About this task:
Below are several records. Retype exactly those lines running from the one with "abbrev pub srv : Server" through the one with "abbrev pub spec : ConnectSpec", end lines included, and no others.

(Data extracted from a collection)

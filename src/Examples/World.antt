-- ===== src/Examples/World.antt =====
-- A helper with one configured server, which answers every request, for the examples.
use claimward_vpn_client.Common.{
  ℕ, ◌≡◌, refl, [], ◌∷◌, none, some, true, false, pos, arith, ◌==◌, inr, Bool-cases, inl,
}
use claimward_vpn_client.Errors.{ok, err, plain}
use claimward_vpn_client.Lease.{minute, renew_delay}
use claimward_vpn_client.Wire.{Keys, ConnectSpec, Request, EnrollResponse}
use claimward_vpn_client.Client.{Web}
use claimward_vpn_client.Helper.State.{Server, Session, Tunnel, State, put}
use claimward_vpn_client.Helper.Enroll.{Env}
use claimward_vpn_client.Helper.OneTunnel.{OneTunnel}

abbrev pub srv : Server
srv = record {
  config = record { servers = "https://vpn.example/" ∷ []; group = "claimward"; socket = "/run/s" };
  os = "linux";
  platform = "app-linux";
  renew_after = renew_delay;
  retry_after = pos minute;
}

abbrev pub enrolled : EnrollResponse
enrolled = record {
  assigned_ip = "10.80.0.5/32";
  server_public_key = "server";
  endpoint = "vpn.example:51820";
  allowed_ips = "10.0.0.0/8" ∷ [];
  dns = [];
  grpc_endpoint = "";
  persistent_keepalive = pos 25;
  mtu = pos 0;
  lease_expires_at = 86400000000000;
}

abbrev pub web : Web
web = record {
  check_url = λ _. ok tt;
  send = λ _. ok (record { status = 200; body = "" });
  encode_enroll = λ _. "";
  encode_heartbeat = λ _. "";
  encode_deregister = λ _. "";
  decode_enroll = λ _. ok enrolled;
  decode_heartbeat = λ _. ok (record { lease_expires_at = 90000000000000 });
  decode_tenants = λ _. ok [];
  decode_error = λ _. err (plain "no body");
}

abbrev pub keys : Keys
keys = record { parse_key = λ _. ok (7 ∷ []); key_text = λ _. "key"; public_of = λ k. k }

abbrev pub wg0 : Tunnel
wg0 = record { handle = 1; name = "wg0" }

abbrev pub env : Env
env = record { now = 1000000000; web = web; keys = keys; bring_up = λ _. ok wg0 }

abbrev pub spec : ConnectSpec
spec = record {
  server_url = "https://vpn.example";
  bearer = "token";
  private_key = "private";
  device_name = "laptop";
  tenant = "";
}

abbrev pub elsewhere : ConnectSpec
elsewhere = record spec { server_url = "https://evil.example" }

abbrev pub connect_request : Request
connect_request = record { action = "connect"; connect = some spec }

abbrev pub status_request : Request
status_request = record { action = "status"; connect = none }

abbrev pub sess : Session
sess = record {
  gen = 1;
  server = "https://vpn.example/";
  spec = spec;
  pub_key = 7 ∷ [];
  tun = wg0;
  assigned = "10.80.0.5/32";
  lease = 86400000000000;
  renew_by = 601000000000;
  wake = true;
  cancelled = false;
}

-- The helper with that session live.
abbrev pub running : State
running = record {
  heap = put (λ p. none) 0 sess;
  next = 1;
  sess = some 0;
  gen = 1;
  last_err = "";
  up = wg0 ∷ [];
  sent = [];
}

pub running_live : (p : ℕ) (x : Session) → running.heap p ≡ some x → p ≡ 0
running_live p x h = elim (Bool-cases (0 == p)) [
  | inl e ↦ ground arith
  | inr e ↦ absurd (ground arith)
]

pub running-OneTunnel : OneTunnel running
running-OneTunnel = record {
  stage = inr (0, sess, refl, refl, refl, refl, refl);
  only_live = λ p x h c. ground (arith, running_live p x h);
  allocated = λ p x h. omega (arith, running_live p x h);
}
--
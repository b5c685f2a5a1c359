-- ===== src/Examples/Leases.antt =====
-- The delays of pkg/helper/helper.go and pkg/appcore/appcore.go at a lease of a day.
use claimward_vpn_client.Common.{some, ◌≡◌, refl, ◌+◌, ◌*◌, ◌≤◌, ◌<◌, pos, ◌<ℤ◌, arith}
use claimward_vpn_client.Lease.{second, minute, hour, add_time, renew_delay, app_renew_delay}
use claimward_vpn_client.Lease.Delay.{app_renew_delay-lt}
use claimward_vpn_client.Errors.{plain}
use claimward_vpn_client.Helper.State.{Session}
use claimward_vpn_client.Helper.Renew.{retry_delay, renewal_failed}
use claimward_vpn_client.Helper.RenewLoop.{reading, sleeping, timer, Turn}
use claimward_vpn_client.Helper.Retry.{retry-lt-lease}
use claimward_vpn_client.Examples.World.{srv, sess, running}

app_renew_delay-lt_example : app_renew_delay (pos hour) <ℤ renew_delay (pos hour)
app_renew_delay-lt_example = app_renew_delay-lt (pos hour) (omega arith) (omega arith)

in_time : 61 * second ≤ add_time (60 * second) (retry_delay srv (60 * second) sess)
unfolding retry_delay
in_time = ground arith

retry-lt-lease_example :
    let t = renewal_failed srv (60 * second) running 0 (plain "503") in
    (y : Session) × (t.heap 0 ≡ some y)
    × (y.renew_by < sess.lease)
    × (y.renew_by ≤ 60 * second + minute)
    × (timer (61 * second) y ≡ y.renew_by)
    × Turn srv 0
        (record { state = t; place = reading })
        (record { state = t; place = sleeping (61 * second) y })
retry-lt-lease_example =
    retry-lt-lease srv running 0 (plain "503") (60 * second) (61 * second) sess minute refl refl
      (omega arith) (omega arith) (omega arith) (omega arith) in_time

Expected answer:
abbrev pub srv : Server
srv = record {
  config = record { servers = "https://vpn.example/" ∷ []; group = "claimward"; socket = "/run/s" };
  os = "linux";
  platform = "app-linux";
  renew_after = renew_delay;
  retry_after = pos minute;
}

abbrev pub enrolled : EnrollResponse
enrolled = record {
  assigned_ip = "10.80.0.5/32";
  server_public_key = "server";
  endpoint = "vpn.example:51820";
  allowed_ips = "10.0.0.0/8" ∷ [];
  dns = [];
  grpc_endpoint = "";
  persistent_keepalive = pos 25;
  mtu = pos 0;
  lease_expires_at = 86400000000000;
}

abbrev pub web : Web
web = record {
  check_url = λ _. ok tt;
  send = λ _. ok (record { status = 200; body = "" });
  encode_enroll = λ _. "";
  encode_heartbeat = λ _. "";
  encode_deregister = λ _. "";
  decode_enroll = λ _. ok enrolled;
  decode_heartbeat = λ _. ok (record { lease_expires_at = 90000000000000 });
  decode_tenants = λ _. ok [];
  decode_error = λ _. err (plain "no body");
}

abbrev pub keys : Keys
keys = record { parse_key = λ _. ok (7 ∷ []); key_text = λ _. "key"; public_of = λ k. k }

abbrev pub wg0 : Tunnel
wg0 = record { handle = 1; name = "wg0" }

abbrev pub env : Env
env = record { now = 1000000000; web = web; keys = keys; bring_up = λ _. ok wg0 }

abbrev pub spec : ConnectSpec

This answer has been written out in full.